UK supplies of fake tan threatened by shortage of key ingredient
					

Cosmetics producers run short of solvent also used in makeup, skin creams and beauty products




					www.theguardian.com


----------



## TopCat (Nov 5, 2021)

“It’s a total nightmare,” said Diane Higham, the director of Stockport-based Sunjunkie.


----------



## TopCat (Nov 5, 2021)

Superdrug declined to comment on the shortage


----------



## hash tag (Nov 5, 2021)

TopCat said:


> “It’s a total nightmare,” said Diane Higham, the director of Stockport-based Sunjunkie.


She looks a tad pale in her picture 😁


----------



## WouldBe (Nov 5, 2021)

hash tag said:


> She looks a tad pale in her picture 😁


Wickes do a nice line in shed and fence treatment.


----------



## hash tag (Nov 5, 2021)

WouldBe said:


> Wickes do a nice line in shed and fence treatment.


Cruel.


----------



## Looby (Nov 5, 2021)

There are almost no crisps available in my tesco shop tomorrow. Or spirali pasta which is my preferred shape for cheesy pasta.


----------



## WouldBe (Nov 5, 2021)

hash tag said:


> Cruel.


The wax based ones probably aren't too bad. Better than creasote.


----------



## Badgers (Nov 5, 2021)

TopCat said:


> UK supplies of fake tan threatened by shortage of key ingredient
> 
> 
> Cosmetics producers run short of solvent also used in makeup, skin creams and beauty products
> ...


How are false eyelash supplies?


----------



## Sue (Nov 5, 2021)

TopCat said:


> “It’s a total nightmare,” said Diane Higham, the director of Stockport-based Sunjunkie.


She was on the radio earlier along with Strictly's Official Tanner . (Having never watched, had no idea that was a thing. Hell in a handcart.)


----------



## _Russ_ (Nov 5, 2021)

Looby said:


> There are almost no crisps available in my tesco shop tomorrow. Or spirali pasta which is my preferred shape for cheesy pasta.


Would that be the Gallifrey Tesco?
​


----------



## hash tag (Nov 7, 2021)

There's bugs in crisps Walkers crisps shortage could last until end of month after IT glitch

Not to mention cardboard cutouts


----------



## Elpenor (Nov 9, 2021)

Sort it out Lineker!


----------



## moochedit (Nov 20, 2021)

hash tag said:


> There's bugs in crisps Walkers crisps shortage could last until end of month after IT glitch
> 
> Not to mention cardboard cutouts


Andddd Relax!   The walkers crisps crises appears to be over! * phew! * Plentiful supplies of cheese and onion in my local sainsburys today!  I hadn't seen any for about 3 weeks until today.


----------



## platinumsage (Nov 20, 2021)

moochedit said:


> Andddd Relax!   The walkers crisps crises appears to be over! * phew! * Plentiful supplies of cheese and onion in my local sainsburys today!  I hadn't seen any for about 3 weeks until today.

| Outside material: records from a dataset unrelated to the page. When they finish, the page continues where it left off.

-- ===== src/Api/Keys.antt =====
-- web/src/lib/api/hooks.ts, the query keys: a key is an array, whose entries are texts, numbers,
-- flags, or an object of options that may be undefined. `invalidateQueries` is given an array of
-- texts, and marks the cached queries whose keys begin with it: that matching is the query library's
-- and a parameter.
use tidyboard.Prelude.{ℕ, ◌≡◌, ◌↔◌, Bool, true, List, [], ◌∷◌, Option, none, some, String, or_else}

pub data Part : Type 0 where
  text : String → Part
  number : ℕ → Part
  flag : Bool → Part
  -- null or undefined
  absent : Part
  -- an object of optional texts, or undefined
  options : Option (List (String × Option String)) → Part

abbrev pub Key : Type 0
Key = List Part

abbrev pub Filter : Type 0
Filter = List String

-- An entry that is a text, null or undefined.
abbrev pub optional : Option String → Part
optional none = absent
optional (some s) = text s

-- The filter's texts are the first entries of the key.
abbrev pub Begins : Filter → Key → Type 0
Begins [] k = Unit
Begins (s ∷ f) [] = ⊥
Begins (s ∷ f) (x ∷ k) = (x ≡ text s) × Begins f k

-- The query library's documented matching of an array of texts: by prefix.
pub record QueryClient : Type 0 where
  pub matches : Filter → Key → Bool
  pub matches_iff : (f : Filter) (k : Key) → (matches f k ≡ true) ↔ Begins f k

pub record EventOptions : Type 0 where
  pub start : Option String
  pub end : Option String
  pub member_id : Option String

pub record RoutineOptions : Type 0 where
  pub member_id : Option String
  pub time_slot : Option String

pub record AuditFilters : Type 0 where
  pub action : Option String
  pub target_type : Option String
  pub from : Option String
  pub to : Option String

abbrev event_part : EventOptions → List (String × Option String)
event_part o = ("start", o.start) ∷ ("end", o.end) ∷ ("memberId", o.member_id) ∷ []

abbrev routine_part : RoutineOptions → List (String × Option String)
routine_part o = ("member_id", o.member_id) ∷ ("time_slot", o.time_slot) ∷ []

abbrev audit_part : AuditFilters → List (String × Option String)
audit_part o =
    ("action", o.action) ∷ ("target_type", o.target_type) ∷ ("from", o.from) ∷ ("to", o.to) ∷ []

-- `qk`, the key factory.
pub record KeyFactory : Type 0 where
  pub events : Option EventOptions → Key
  pub event : String → Key
  pub members : Key
  pub recipes : Key
  pub recipe : String → Key
  pub lists : Key
  pub list : String → Key
  pub shopping : Key
  pub routines : Option RoutineOptions → Key
  pub routine_streak : String → String → Key
  pub equity : Option String → Key
  pub equity_dashboard : Option String → Option String → Key
  pub equity_tasks : Key
  pub equity_domains : Key
  pub equity_suggestions : Key
  pub meal_plan : Option String → Key
  pub race : Key
  pub audit : ℕ → ℕ → Option AuditFilters → Key
  pub collections : Key
  pub collection_recipes : String → Key
  pub household_by_code : String → Key
  pub join_requests : String → Key

abbrev option_map {ℓ κ} : {A : Type ℓ} {B : Type κ} → (A → B) → Option A → Option B
option_map f none = none
option_map f (some a) = some (f a)

abbrev pub qk : KeyFactory
qk = record {
  events = λ o. text "events" ∷ options (option_map event_part o) ∷ [];
  event = λ id. text "events" ∷ text id ∷ [];
  members = text "members" ∷ [];
  recipes = text "recipes" ∷ [];
  recipe = λ id. text "recipes" ∷ text id ∷ [];
  lists = text "lists" ∷ [];
  list = λ id. text "lists" ∷ text id ∷ [];
  shopping = text "shopping" ∷ [];
  routines = λ o. text "routines" ∷ options (option_map routine_part o) ∷ [];
  routine_streak = λ r m. text "routines" ∷ text r ∷ text "streak" ∷ text m ∷ [];
  equity = λ period. text "equity" ∷ optional period ∷ [];
  equity_dashboard = λ from to. text "equity" ∷ text "dashboard" ∷ optional from ∷ optional to ∷ [];
  equity_tasks = text "equity" ∷ text "tasks" ∷ [];
  equity_domains = text "equity" ∷ text "domains" ∷ [];
  equity_suggestions = text "equity" ∷ text "suggestions" ∷ [];
  meal_plan = λ week. text "mealPlan" ∷ text (or_else week "current") ∷ [];
  race = text "race" ∷ [];
  audit = λ limit offset fs.
      text "audit" ∷ number limit ∷ number offset ∷ options (option_map audit_part fs) ∷ [];
  collections = text "collections" ∷ [];
  collection_recipes = λ id. text "collections" ∷ text id ∷ text "recipes" ∷ [];
  household_by_code = λ code. text "householdByCode" ∷ text code ∷ [];
  join_requests = λ id. text "joinRequests" ∷ text id ∷ [];
}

I hope you cleared the shelves just in case there are more supply problems in the run-up to Christmas. You can’t be too careful these days.


----------



## moochedit (Nov 20, 2021)

platinumsage said:


> I hope you cleared the shelves just in case there are more supply problems in the run-up to Christmas. You can’t be too careful these days.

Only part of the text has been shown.